Enfin, aux termes de l’article 25 du décret précité du 20 mars 2009, sur le fondement de cet avis, le ministre chargé de l'économie arrête le programme annuel des enquêtes statistiques, qui comprend l'indication du caractère obligatoire ou non de chaque enquête.

En application de ces principes, la commission relève que l’enquête SIVIS est produite par la DEPP, qui relève du service public statistique mentionné à l’article 1er de la loi du 7 juin 1951. Cette enquête a reçu le label d'intérêt général et de qualité statistique du Conseil national de l'information statistique et est intégrée dans le programme annuel d’enquêtes statistiques auprès des ménages et des collectivités territoriales des services publics pour 2020, approuvé par arrêté du ministère en charge de l’économie du 24 novembre 2019.

L’attribution du label lui a permis d’obtenir le visa ministériel mentionné à l’article 2 de la loi du 7 juin 1951. Les questionnaires de l’enquête SIVIS relèvent donc du champ d’application du secret des statistiques pour l’application de l’article 6 de la loi du 17 juin 1951.

2. Sur la notion de « renseignement individuel » ayant trait à la « vie personnelle et familiale » et plus généralement aux « faits et comportements d’ordre privé »:

En l’espèce, la commission relève que les variables du questionnaire « incidents » décrivent chaque incident en termes de types d’actes, de types d’auteurs et de victimes, avec indication de données à caractère personnel à savoir l’âge et le sexe, et portent également sur le lieu, les circonstances dans lesquelles s'est produit l'incident, sur sa motivation et, enfin, sur les suites données.

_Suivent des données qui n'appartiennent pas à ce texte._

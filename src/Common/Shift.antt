-- ===== src/Common/Shift.antt =====
-- Go's shifts of an int64, and the bits that the mask `^(int64(-1) << k)` leaves of one.
use heli.Common.Int.{ℤ, pos, negsuc, ◌*ℤ◌, wrap64}
use heli.Common.Tests.{leb, if◌then◌else◌}
use Prim.Native.Nat.{ℕ, ◌-◌, ◌/◌, ◌%◌, ◌^◌}

-- `a << k`
unfoldable pub shl64 : ℤ → ℕ → ℤ
shl64 a k = wrap64 (a *ℤ pos (2 ^ k))

-- `a >> k`, which rounds down.
unfoldable pub shr64 : ℤ → ℕ → ℤ
shr64 (pos n) k = pos (n / 2 ^ k)
shr64 (negsuc n) k = negsuc (n / 2 ^ k)

-- `^(int64(-1) << k)`: with 64 bits or more nothing is left of the -1.
unfoldable pub mask64 : ℕ → ℤ
mask64 k = if leb 64 k then negsuc 0 else pos (2 ^ k - 1)

abbrev low_bits : ℤ → ℕ → ℤ
low_bits (pos n) k = pos (n % 2 ^ k)
low_bits (negsuc n) k = pos (2 ^ k - 1 - n % 2 ^ k)

-- `a & ^(int64(-1) << k)`
unfoldable pub masked64 : ℤ → ℕ → ℤ
masked64 a k = if leb 64 k then a else low_bits a k
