-- ===== src/Auth/Providers.antt =====
-- What the service takes from elsewhere: the standard library's keyed digest and UUID texts, PyJWT,
-- the password hasher, the authenticated cipher of the TOTP secrets and the one-time codes. They
-- are parameters, and what a theorem needs of them is a hypothesis of it.
use backend_platform.Prelude.{ℕ, Bool, Option}
use backend_platform.Prelude.Text.{Text}
use backend_platform.Auth.Settings.{Settings}

-- A claim of a decoded token: missing, a string, or another JSON value.
pub data Claim : Type 0 where
  missing other : Claim
  string : Text → Claim

-- The payload of a token, as the service writes it and as `jwt.decode` returns it.
pub record Payload : Type 0 where
  pub sub : Claim
  pub jti : Claim
  pub iss : Text
  pub aud : Text
  pub iat : ℕ
  pub nbf : ℕ
  pub exp : ℕ
  pub token_type : Claim
  pub sid : Claim
  pub family_id : Claim

-- What a login challenge says, with the fields that the stored text lacks left out.
pub record Challenge : Type 0 where
  pub user_id : Option Text
  pub ip_fingerprint : Option Text

pub record Providers : Type 0 where
  -- hmac.new(key, value, sha256).hexdigest()
  pub hmac : Text → Text → Text
  -- str(UUID), and UUID(text) where it is one
  pub uuid_text : ℕ → Text
  pub parse_uuid : Text → Option ℕ
  -- jwt.encode with the signing key; jwt.decode at a second, with the required claims, the
  -- audience and the issuer of the settings, where it does not raise
  pub jwt_encode : Settings → Payload → Text
  pub jwt_decode : Settings → ℕ → Text → Option Payload
  -- argon2: the hash of a text under a salt, and its verification against a hash
  pub argon2_hash : Text → Text → Text
  pub argon2_verify : Text → Text → Bool
  -- Fernet under a nonce, and back where the text is authentic
  pub encrypt : Text → Text → Text
  pub decrypt : Text → Text
  -- pyotp's code of a secret for a period of so many seconds, at a second
  pub totp_at : Text → ℕ → ℕ → Text
  -- json.dumps of a challenge's two fields, and json.loads of a text where it is such an object
  pub dump_challenge : Text → Text → Text
  pub load_challenge : Text → Option Challenge
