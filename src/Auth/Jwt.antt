-- ===== src/Auth/Jwt.antt =====
-- Issuing and reading tokens (services/auth-service/app/services/jwt_service.py, core/jwt.py). The
-- identifiers that `uuid4` draws are arguments.
use backend_platform.Prelude.{ℕ, ◌+◌, Bool, true, false, not, ◌&&◌, ◌||◌, Option, none, some}
use backend_platform.Prelude.Text.{Text, codes, text_eq}
use backend_platform.Auth.Errors.{Result, ok, invalid_token, ◌>>=◌, ◌>>◌, refuse_if, or_refuse}
use backend_platform.Auth.Settings.{Settings}
use backend_platform.Auth.Providers.{Providers, Payload, Claim, missing, other, string}

-- `TOKEN_TYPE_ACCESS` and `TOKEN_TYPE_REFRESH`
pub data TokenType : Type 0 where
  access refresh : TokenType

abbrev pub type_text : TokenType → Text
type_text access = codes "access"
type_text refresh = codes "refresh"

pub record TokenClaims : Type 0 where
  pub sub : Text
  pub jti : Text
  pub token_type : TokenType
  pub session_id : Option Text
  pub family_id : Option Text

-- `isinstance(claim, str)`
abbrev string_of : Claim → Option Text
string_of (string t) = some t
string_of _ = none

abbrev is_missing : Claim → Bool
is_missing missing = true
is_missing _ = false

abbrev is_other : Claim → Bool
is_other other = true
is_other _ = false

abbrev has_type : Claim → TokenType → Bool
has_type (string t) expected = text_eq t (type_text expected)
has_type _ _ = false

abbrev is_access : TokenType → Bool
is_access access = true
is_access refresh = false

module _ (p : Providers) (settings : Settings) where
  -- The token and the seconds that it lasts.
  unfoldable pub issue_access_token : ℕ → ℕ → ℕ → ℕ → Text × ℕ
  issue_access_token subject session_id jti now = (
    p.jwt_encode settings (record {
      sub = string (p.uuid_text subject);
      jti = string (p.uuid_text jti);
      iss = settings.jwt_issuer;
      aud = settings.jwt_audience;
      iat = now;
      nbf = now;
      exp = now + settings.jwt_access_ttl_seconds;
      token_type = string (codes "access");
      sid = string (p.uuid_text session_id);
      family_id = missing;
    }),
    settings.jwt_access_ttl_seconds,
  )

  -- The payload of a refresh token that is issued at a second.
  abbrev pub refresh_payload : ℕ → ℕ → ℕ → ℕ → ℕ → Payload
  refresh_payload subject session_id family_id jti now = record {
    sub = string (p.uuid_text subject);
    jti = string (p.uuid_text jti);
    iss = settings.jwt_issuer;
    aud = settings.jwt_audience;
    iat = now;
    nbf = now;
    exp = now + settings.jwt_refresh_ttl_seconds;
    token_type = string (codes "refresh");
    sid = string (p.uuid_text session_id);
    family_id = string (p.uuid_text family_id);
  }

  -- The token and the second at which it expires.
  unfoldable pub issue_refresh_token : ℕ → ℕ → ℕ → ℕ → ℕ → Text × ℕ
  issue_refresh_token subject session_id family_id jti now =
      let payload = refresh_payload subject session_id family_id jti now in
      (p.jwt_encode settings payload, payload.exp)

  unfoldable pub decode_and_validate : Text → TokenType → ℕ → Result TokenClaims
  decode_and_validate token expected_type now = do
    payload ← or_refuse (p.jwt_decode settings now token) invalid_token
    refuse_if (not (has_type payload.token_type expected_type)) invalid_token
    sub ← or_refuse (string_of payload.sub) invalid_token
    jti ← or_refuse (string_of payload.jti) invalid_token
    refuse_if (is_access expected_type && is_missing payload.sid) invalid_token
    refuse_if
        (not (is_access expected_type) && (is_missing payload.sid || is_missing payload.family_id))
        invalid_token
    refuse_if (is_other payload.sid) invalid_token
    refuse_if (is_other payload.family_id) invalid_token
    ok (record {
      sub = sub;
      jti = jti;
      token_type = expected_type;
      session_id = string_of payload.sid;
      family_id = string_of payload.family_id;
    })
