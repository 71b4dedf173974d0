-- ===== src/Auth/Access.antt =====
-- Who sends a request (services/auth-service/app/core/security.py, app/api/deps.py).
use backend_platform.Prelude.{ℕ}
use backend_platform.Prelude.Text.{Text, codes, is_empty, strip, drop_prefix}
use backend_platform.Redis.{Redis, exists}
use backend_platform.Redis.Keys.{access_session_revoked_key}
use backend_platform.Auth.Errors.{Result, ok, unauthorized, ◌>>=◌, ◌>>◌, refuse_if, or_refuse}
use backend_platform.Auth.Settings.{Settings}
use backend_platform.Auth.Providers.{Providers}
use backend_platform.Auth.Jwt.{access, decode_and_validate}

-- `extract_bearer_token`, of the header `authorization`, empty where it is missing.
unfoldable pub extract_bearer_token : Text → Result Text
extract_bearer_token authorization = do
  rest ← or_refuse (drop_prefix authorization (codes "Bearer ")) unauthorized
  let token = strip rest
  refuse_if (is_empty token) unauthorized
  ok token

-- The user and the session that an access token names.
unfoldable pub access_ids : Providers → Settings → Text → ℕ → Result (ℕ × ℕ)
access_ids p settings token now = do
  claims ← decode_and_validate p settings token access now
  user_id ← or_refuse (p.parse_uuid claims.sub) unauthorized
  session_text ← or_refuse claims.session_id unauthorized
  session_id ← or_refuse (p.parse_uuid session_text) unauthorized
  ok (user_id, session_id)

-- `ensure_access_session_active`
unfoldable pub ensure_access_session_active :
    {S : Type 0} → Redis S → Providers → ℕ → ℕ → S → Result (Unit {0})
ensure_access_session_active redis p session_id now s =
    refuse_if (exists redis s now (access_session_revoked_key (p.uuid_text session_id)))
      unauthorized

La commission constate d’abord que le secret en matière statistique garantit le respect de la confidentialité due à la vie personnelle et familiale et plus généralement aux faits et comportements d’ordre privé. En l’espèce, les données sollicitées, eu égard à leur nature et dans la mesure où elles se rapportent à des personnes physiques, entrent dans le champ des catégories de données protégées par le secret des statistiques.

La commission précise, ensuite, que le secret des statistiques protège les renseignements individuels figurant sur des questionnaires. Elle estime que la notion de renseignement individuel doit être entendue comme concernant toute information se rapportant à une personne physique nommément identifiée ou identifiable, c’est-à-dire susceptible d’être identifiée directement ou indirectement par individualisation, corrélation ou inférence.

Elle relève, en l’espèce, que la demande de communication porte sur les données par établissement, et non sur les données agrégées au niveau national ou académique. Elle constate également que seuls les incidents présentant un degré de gravité suffisant sont décrits dans les questionnaires « incidents » de l’enquête SIVIS, ce qui limite le nombre d’occurrences des faits relatés par établissement au titre d’une année scolaire. Elle souligne enfin la précision des variables du questionnaire.

Les informations que comporte ce questionnaire, combinées avec les noms des établissements, sont ainsi susceptibles d’être rapprochées et de permettre de relier certains incidents à une ou plusieurs personnes déterminées, au premier chef, les auteurs et les victimes. En outre, ce risque est susceptible d’être accru en cas de médiatisation des faits ou pour des faits isolés par exemple.

La commission estime, dès lors, que les données du questionnaire « incidents » de l’enquête SIVIS constituent des renseignements individuels ayant trait à la vie personnelle et familiale et, plus généralement, à des faits et comportements d'ordre privé, au sens de l’article 6 de la loi du 7 juin 1951.

La commission considère, par suite, que l’export numérique des résultats détaillés par établissement sollicité par Monsieur X est couvert par le secret des statistiques et ne lui est donc pas communicable en application du h) du 2° de l'article L311-5 du code des relations entre le public et l'administration.

Elle émet, en conséquence, un avis défavorable à la demande.